> **What to work on**:
Where the material below has a line containing "(punct b'(') a b", start repeating exactly, and keep going through the line containing "let in_r : length c.rest < n = omega (arith, AExpr-less", with no other lines.

> **Data to process**:

+---+

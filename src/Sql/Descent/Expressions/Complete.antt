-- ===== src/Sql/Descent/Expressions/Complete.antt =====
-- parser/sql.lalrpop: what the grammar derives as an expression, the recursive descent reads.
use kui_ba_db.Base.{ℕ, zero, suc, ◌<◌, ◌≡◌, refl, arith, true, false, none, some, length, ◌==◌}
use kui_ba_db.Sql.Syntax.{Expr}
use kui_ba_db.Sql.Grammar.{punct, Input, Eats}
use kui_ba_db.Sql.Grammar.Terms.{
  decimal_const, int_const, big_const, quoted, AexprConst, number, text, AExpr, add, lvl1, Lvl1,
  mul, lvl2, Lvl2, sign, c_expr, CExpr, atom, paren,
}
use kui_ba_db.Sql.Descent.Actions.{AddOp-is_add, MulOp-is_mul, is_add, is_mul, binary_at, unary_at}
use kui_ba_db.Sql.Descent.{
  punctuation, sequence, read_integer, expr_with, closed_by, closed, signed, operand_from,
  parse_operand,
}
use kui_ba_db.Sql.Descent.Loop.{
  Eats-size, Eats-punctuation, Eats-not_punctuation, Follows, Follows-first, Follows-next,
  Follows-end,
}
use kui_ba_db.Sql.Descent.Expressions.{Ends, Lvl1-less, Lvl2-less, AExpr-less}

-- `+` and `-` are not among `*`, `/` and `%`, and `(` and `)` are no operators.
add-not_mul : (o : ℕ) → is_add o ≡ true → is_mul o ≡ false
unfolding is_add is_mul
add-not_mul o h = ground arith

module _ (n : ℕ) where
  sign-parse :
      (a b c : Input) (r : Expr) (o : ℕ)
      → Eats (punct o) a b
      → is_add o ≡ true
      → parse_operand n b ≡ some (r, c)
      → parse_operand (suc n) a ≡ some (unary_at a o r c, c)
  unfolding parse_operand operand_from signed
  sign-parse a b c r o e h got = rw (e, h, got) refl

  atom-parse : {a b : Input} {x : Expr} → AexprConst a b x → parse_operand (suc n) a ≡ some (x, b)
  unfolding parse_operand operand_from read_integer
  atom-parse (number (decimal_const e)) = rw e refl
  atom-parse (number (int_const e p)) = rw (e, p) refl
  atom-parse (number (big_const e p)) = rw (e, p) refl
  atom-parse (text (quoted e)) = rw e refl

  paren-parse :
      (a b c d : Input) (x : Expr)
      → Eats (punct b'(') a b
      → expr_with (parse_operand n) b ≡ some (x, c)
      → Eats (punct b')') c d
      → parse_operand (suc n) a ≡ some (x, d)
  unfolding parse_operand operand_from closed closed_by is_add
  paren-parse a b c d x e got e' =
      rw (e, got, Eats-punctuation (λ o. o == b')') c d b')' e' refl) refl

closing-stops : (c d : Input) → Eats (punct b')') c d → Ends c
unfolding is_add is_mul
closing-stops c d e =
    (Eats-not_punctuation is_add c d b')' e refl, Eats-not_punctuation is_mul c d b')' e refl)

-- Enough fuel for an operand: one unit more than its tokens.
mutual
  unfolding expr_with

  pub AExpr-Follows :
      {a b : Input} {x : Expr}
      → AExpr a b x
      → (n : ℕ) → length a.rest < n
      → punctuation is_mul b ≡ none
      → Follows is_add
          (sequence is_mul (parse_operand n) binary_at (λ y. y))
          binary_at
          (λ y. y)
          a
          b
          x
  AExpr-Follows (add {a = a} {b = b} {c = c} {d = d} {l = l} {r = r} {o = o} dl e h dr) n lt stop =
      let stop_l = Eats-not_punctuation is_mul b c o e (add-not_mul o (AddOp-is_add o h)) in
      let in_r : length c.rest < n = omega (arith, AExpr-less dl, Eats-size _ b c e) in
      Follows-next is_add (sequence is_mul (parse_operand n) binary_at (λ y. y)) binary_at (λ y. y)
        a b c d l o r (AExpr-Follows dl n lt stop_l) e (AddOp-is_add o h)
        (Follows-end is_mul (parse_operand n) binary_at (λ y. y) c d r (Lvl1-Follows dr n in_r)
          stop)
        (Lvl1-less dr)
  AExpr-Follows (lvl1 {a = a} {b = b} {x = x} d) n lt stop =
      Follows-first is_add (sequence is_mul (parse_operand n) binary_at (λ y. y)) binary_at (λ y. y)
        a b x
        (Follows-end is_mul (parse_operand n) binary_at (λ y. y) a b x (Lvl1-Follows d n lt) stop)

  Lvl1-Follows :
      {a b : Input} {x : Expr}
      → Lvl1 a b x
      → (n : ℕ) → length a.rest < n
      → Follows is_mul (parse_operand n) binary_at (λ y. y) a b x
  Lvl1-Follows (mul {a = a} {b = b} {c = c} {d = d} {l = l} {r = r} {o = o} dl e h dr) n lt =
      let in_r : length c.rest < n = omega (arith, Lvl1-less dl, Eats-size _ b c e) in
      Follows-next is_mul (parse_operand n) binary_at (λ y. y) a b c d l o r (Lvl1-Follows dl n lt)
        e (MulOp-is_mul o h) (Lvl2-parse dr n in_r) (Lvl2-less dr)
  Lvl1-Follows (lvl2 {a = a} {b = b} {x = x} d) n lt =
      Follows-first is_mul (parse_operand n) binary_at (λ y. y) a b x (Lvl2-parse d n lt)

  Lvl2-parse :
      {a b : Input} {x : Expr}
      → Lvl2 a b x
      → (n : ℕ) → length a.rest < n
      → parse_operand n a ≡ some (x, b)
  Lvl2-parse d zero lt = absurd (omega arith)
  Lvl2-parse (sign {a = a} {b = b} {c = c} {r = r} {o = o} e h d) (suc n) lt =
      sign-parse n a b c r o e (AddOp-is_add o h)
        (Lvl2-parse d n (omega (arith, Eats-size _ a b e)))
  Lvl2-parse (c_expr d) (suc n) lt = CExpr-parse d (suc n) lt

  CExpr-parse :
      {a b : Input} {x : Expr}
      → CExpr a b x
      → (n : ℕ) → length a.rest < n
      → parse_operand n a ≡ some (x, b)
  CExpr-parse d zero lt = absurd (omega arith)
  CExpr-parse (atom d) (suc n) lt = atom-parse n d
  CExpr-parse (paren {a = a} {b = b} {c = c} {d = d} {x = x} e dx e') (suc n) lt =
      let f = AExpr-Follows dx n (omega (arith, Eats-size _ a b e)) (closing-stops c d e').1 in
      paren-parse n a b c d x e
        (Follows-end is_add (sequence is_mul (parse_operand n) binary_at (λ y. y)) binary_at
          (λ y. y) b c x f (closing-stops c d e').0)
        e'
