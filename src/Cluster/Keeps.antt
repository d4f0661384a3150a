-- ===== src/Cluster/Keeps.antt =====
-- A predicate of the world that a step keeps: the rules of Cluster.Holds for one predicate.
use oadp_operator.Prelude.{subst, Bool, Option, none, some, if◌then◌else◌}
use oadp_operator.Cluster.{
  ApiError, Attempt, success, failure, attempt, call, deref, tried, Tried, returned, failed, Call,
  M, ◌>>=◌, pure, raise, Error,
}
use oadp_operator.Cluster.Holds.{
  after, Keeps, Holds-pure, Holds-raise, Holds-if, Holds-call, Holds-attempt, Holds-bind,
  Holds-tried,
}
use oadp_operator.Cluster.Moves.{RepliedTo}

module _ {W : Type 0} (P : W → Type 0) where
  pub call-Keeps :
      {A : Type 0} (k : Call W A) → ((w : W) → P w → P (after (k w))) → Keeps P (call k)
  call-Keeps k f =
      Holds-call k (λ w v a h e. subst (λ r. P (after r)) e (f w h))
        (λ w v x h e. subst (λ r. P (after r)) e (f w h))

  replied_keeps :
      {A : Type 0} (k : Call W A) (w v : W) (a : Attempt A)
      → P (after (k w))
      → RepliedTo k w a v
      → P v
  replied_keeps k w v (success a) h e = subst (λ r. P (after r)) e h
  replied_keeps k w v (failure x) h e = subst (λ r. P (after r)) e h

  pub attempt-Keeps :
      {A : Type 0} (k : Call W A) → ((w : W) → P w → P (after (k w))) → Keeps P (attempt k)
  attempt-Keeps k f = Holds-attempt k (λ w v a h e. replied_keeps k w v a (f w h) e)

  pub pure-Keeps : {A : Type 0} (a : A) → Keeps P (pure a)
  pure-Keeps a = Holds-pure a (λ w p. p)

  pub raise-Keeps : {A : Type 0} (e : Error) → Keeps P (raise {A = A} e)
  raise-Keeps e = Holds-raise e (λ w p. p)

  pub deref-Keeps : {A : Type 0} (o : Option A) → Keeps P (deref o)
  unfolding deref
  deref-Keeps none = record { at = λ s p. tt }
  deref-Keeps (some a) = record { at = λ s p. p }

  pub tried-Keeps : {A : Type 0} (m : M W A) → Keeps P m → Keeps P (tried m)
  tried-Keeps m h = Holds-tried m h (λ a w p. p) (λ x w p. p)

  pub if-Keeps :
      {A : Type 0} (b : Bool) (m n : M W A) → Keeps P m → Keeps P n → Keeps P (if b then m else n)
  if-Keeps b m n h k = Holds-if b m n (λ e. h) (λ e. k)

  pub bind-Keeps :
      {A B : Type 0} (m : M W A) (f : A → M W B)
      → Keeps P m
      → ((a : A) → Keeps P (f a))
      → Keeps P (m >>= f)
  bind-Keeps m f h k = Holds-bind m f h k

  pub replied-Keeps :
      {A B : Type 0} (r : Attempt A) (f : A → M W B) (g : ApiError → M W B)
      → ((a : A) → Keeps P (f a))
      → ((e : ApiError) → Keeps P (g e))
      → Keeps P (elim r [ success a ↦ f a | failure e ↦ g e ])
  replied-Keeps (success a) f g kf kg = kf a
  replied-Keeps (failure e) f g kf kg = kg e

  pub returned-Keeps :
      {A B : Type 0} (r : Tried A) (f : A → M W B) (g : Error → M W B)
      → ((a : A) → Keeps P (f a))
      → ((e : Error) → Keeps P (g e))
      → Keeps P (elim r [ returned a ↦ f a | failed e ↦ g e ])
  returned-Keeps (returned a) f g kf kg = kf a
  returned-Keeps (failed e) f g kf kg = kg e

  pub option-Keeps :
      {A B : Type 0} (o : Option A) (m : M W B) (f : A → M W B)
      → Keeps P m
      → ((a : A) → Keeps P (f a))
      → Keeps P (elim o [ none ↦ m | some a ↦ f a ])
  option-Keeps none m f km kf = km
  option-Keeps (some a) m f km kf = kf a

+---+

> **Completed task**:
      → Eats (punct b'(') a b
      → expr_with (parse_operand n) b ≡ some (x, c)
      → Eats (punct b')') c d
      → parse_operand (suc n) a ≡ some (x, d)
  unfolding parse_operand operand_from closed closed_by is_add
  paren-parse a b c d x e got e' =
      rw (e, got, Eats-punctuation (λ o. o == b')') c d b')' e' refl) refl

closing-stops : (c d : Input) → Eats (punct b')') c d → Ends c
unfolding is_add is_mul
closing-stops c d e =
    (Eats-not_punctuation is_add c d b')' e refl, Eats-not_punctuation is_mul c d b')' e refl)

-- Enough fuel for an operand: one unit more than its tokens.
mutual
  unfolding expr_with

  pub AExpr-Follows :
      {a b : Input} {x : Expr}
      → AExpr a b x
      → (n : ℕ) → length a.rest < n
      → punctuation is_mul b ≡ none
      → Follows is_add
          (sequence is_mul (parse_operand n) binary_at (λ y. y))
          binary_at
          (λ y. y)
          a
          b
          x
  AExpr-Follows (add {a = a} {b = b} {c = c} {d = d} {l = l} {r = r} {o = o} dl e h dr) n lt stop =
      let stop_l = Eats-not_punctuation is_mul b c o e (add-not_mul o (AddOp-is_add o h)) in
      let in_r : length c.rest < n = omega (arith, AExpr-less dl, Eats-size _ b c e) in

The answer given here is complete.